Work required -
Find all the lines in the entries below that hold the word "reached" and copy them.

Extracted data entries
################
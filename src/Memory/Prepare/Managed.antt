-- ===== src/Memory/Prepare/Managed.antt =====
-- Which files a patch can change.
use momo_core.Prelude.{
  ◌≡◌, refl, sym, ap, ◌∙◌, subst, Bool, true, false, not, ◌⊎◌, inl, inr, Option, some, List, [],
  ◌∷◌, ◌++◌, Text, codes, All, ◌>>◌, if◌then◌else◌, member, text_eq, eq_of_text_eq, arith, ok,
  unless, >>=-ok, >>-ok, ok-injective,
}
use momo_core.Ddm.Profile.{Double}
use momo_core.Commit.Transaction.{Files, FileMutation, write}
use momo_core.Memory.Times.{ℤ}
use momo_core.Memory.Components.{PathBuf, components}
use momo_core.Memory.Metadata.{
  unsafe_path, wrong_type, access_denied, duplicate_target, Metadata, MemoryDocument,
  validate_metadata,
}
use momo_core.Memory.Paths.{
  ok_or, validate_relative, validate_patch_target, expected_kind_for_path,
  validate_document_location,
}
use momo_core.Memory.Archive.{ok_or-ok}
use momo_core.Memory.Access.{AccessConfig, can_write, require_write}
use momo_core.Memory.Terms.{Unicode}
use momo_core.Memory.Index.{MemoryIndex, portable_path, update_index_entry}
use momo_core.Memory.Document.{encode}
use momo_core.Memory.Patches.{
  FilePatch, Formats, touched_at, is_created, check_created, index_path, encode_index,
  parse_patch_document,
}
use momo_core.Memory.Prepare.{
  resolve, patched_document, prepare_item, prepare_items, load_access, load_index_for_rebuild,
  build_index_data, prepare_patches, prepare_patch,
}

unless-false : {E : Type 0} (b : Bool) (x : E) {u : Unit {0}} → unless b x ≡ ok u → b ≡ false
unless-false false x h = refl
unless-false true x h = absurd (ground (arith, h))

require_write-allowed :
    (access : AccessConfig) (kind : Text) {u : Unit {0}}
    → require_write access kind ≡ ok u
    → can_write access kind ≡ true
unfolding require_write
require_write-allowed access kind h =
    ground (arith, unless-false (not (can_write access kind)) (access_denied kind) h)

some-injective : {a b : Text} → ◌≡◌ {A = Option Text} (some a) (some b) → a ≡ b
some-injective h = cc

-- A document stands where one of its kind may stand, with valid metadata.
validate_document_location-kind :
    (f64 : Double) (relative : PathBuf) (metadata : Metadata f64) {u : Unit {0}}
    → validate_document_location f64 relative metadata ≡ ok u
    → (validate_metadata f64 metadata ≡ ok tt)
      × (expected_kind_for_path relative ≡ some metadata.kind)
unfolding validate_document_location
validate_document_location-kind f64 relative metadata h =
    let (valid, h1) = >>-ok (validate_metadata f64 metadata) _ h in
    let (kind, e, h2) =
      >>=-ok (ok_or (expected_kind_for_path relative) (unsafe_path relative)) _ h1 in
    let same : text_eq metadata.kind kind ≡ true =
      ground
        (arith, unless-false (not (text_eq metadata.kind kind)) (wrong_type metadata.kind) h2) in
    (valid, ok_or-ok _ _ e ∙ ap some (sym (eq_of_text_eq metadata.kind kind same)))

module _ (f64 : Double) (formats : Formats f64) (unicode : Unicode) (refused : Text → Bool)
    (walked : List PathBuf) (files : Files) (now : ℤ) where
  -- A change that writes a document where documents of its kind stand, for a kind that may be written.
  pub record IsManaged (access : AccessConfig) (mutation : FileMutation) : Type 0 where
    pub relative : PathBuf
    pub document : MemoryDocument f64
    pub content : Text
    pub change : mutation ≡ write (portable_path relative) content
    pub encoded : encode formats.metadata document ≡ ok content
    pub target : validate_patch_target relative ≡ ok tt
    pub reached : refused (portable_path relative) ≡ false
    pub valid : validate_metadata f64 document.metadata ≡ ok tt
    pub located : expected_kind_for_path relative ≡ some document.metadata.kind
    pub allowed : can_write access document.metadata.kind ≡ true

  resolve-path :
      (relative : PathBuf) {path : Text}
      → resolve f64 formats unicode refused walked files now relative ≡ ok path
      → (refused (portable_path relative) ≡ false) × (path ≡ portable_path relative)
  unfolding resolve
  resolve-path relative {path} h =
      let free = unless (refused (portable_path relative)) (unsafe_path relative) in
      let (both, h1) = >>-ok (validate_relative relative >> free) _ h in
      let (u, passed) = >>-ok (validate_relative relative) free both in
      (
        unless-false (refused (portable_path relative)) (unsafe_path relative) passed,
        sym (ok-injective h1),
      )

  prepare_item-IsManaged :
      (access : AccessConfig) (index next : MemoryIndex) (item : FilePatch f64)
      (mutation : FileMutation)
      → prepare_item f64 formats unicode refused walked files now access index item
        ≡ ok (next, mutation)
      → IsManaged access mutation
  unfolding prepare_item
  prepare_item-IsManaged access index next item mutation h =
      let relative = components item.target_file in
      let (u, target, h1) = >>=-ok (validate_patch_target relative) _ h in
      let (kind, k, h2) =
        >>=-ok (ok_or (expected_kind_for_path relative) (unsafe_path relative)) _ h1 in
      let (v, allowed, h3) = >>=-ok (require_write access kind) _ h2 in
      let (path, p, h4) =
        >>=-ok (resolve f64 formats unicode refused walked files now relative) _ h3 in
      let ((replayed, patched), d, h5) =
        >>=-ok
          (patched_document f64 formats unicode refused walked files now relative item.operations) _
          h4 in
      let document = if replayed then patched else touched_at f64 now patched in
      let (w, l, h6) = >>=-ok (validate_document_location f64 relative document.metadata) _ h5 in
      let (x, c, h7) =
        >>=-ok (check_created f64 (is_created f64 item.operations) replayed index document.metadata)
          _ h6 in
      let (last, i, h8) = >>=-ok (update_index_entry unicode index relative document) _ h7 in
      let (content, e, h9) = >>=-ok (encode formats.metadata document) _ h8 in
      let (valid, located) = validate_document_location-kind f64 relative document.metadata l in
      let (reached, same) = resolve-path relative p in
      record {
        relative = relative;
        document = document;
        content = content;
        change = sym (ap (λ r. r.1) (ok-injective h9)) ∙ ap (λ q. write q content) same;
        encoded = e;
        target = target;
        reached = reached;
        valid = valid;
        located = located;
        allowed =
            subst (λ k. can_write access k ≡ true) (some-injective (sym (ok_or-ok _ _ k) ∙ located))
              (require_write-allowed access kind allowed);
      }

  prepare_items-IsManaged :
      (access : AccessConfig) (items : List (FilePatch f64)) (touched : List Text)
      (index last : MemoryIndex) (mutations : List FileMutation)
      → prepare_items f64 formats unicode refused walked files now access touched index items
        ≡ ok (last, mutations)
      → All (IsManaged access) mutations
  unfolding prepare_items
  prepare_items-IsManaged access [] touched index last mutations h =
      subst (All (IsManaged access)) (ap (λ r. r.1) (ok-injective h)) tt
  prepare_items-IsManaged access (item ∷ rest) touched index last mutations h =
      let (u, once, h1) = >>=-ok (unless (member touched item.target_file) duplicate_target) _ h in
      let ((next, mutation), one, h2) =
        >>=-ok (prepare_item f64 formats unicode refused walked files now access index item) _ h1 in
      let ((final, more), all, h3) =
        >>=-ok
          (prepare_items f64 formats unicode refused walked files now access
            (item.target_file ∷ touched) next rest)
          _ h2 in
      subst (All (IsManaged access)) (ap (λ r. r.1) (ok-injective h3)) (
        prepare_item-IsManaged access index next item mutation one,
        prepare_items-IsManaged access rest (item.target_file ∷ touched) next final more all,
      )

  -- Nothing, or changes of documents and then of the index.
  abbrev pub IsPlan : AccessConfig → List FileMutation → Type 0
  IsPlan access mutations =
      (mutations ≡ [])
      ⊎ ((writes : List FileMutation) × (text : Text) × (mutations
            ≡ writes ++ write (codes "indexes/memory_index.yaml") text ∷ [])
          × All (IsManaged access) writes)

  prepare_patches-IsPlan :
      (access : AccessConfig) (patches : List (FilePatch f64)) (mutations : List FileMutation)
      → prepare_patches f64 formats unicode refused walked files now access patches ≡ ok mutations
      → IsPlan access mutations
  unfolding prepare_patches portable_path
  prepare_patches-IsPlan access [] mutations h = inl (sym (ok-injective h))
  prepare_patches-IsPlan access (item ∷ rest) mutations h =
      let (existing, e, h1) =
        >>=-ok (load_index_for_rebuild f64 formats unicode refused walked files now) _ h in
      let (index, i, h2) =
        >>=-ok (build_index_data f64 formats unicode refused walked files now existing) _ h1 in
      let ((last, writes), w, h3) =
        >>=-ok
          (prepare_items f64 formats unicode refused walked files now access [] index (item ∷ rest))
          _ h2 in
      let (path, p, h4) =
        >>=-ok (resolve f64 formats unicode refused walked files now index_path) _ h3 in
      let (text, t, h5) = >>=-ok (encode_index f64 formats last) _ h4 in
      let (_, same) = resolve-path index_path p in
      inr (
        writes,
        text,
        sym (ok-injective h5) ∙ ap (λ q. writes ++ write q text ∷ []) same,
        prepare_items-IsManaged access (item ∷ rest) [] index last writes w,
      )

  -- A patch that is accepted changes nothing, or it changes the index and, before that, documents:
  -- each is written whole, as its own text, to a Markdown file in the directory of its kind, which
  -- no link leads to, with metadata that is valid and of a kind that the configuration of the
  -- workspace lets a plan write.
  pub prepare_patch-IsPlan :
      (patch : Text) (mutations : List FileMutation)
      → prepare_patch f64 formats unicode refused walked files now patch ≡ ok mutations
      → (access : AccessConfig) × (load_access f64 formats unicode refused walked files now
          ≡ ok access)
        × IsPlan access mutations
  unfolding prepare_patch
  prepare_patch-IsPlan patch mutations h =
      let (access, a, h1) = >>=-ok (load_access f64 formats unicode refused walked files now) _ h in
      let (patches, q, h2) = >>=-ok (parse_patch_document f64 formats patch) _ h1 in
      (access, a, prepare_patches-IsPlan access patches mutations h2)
################
Answer box -
    pub reached : refused (portable_path relative) ≡ false
      let (reached, same) = resolve-path relative p in
        reached = reached;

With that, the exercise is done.